Antenatal Corticosteroids for Threatened Labour Facilitate Thyroid Maturation Among Preterm Neonates

Shintaro Hanaoka; Kogoro Iwanaga; Seiichi Tomotaki; Fusako Niwa; Junko Takita; Masahiko Kawai

Disclosures

Clin Endocrinol. 2020;93(5):613-619. 

In This Article

Abstract and Introduction

Abstract

Objective: To examine the effect of antenatal corticosteroids (ANS) on the maturation of thyroid function in the preterm infants.

Context: ANS reduce mortality and morbidities in preterm neonates. Organ maturation by the glucocorticoids is the key, at least in part. However, the effect of ANS on thyroid is controversial.

Patients: A study group of 99 very low birthweight neonates (<34 weeks' gestational age) with the exception of those born more than 7 days after ANS administration were divided into a complete group (n = 49) whose mothers completed two doses of betamethasone and who were born more than 24 hours after the completion of ANS administration, and an incomplete group (n = 50) who were not exposed to any ANS or were born within 24 hours after the completion of ANS administration. Serum-free thyroxine and thyroid-stimulating hormone (TSH) levels were measured, and thyrotropin-releasing hormone (TRH) stimulation tests were performed at about 2 weeks of age.

Results: The incidence of hyperthyrotropinaemia (TSH > 15 mIU/L) in the complete group was significantly lower than in the incomplete group (6% vs 22%, P = .023). Exaggerated responses to TRH tests were more frequent in the incomplete group (17% vs 44%; P = .053). TSH30 was significantly lower in the complete group, (P = .046). Multivariate logistic regression analysis showed that the incidence of hyperthyrotropinaemia was associated with complete ANS administration (adjusted odds ratios 0.39).

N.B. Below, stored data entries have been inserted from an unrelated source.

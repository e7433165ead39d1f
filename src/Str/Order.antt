-- ===== src/Str/Order.antt =====
-- The order of strings is one that a list can be sorted by.
use windforce_lite.Prelude.{◌≡◌, true, false, arith}
use windforce_lite.Str.{Str, str_ltb, str_ltb_irrefl, str_ltb_trans, str_ltb_total}
use windforce_lite.Sort.{IsWeakOrder}

pub str_ltb_asymm : (s t : Str) → str_ltb s t ≡ true → str_ltb t s ≡ false
str_ltb_asymm s t h = ground (arith, str_ltb_trans s t s h, str_ltb_irrefl s)

pub str_ltb_weak : (s t u : Str) → str_ltb t s ≡ false → str_ltb u t ≡ false → str_ltb u s ≡ false
str_ltb_weak s t u h k = ground (arith, str_ltb_trans u s t, str_ltb_total s t)

pub str_order : IsWeakOrder str_ltb
str_order = record { asymm = str_ltb_asymm; trans = str_ltb_weak }
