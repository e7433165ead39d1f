-- ===== src/Contract/Labels.antt =====
-- What EffectiveRequiredLabels gives: the merged labels, trimmed, once each, in order.
use windforce_lite.Prelude.{◌≡◌, refl, Bool, false, ◌||◌, List, [], ◌∷◌, arith}
use windforce_lite.Str.{Str, str_eq, str_ltb, trim_space}
use windforce_lite.Sort.{sort, insert}
use windforce_lite.Contract.{contains}

-- A label of the list, once trimmed.
unfoldable pub asks : Str → List Str → Bool
asks label [] = false
asks label (raw ∷ rest) = str_eq (trim_space raw) label || asks label rest

-- No label stands twice.
abbrev pub IsDistinct : List Str → Type 0
IsDistinct [] = Unit
IsDistinct (label ∷ labels) = (contains label labels ≡ false) × IsDistinct labels

contains-insert :
    (label x : Str) (xs : List Str)
    → contains label (insert str_ltb x xs) ≡ (str_eq x label || contains label xs)
unfolding insert contains
contains-insert label x [] = refl
contains-insert label x (y ∷ ys) = ground (arith, contains-insert label x ys)

pub contains-sort :
    (label : Str) (xs : List Str) → contains label (sort str_ltb xs) ≡ contains label xs
unfolding sort contains
contains-sort label [] = refl
contains-sort label (x ∷ xs) =
    rw (contains-insert label x (sort str_ltb xs), contains-sort label xs) refl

Conclusions: ANS administration might facilitate thyroid maturation in preterm neonates.

Introduction

Advances in perinatal care have improved the prognosis for preterm neonates.[1,2] Among them, the administration of antenatal corticosteroids (ANS) is one of the most effective. Since Liggins et al first reported that maternal ANS administration reduced the incidence of neonatal respiratory distress syndrome (RDS) in 1972,[3] its clinical efficacy has been verified in many studies.[4–6] The beneficial effects of ANS have been reported not only in reducing the incidence of RDS, but also in reducing the incidence of mortality, intraventricular haemorrhage, periventricular leucomalacia, and necrotizing enterocolitis.[7,8] As the mechanism of ANS in reducing the incidence of RDS is considered to involve organ maturation in the lungs by facilitating differentiation into type 2 pulmonary epithelial cells, this effect might contribute to a reduction in other morbidities in preterm neonates, at least in part. On the other hand, the suppression of somatic cell growth by ANS might result in unfavourable effects on the somatic and developmental outcome is of concern.[9,10] With increasing numbers of mothers receiving ANS, it is important to examine both the favourable and unfavourable effects of this intervention.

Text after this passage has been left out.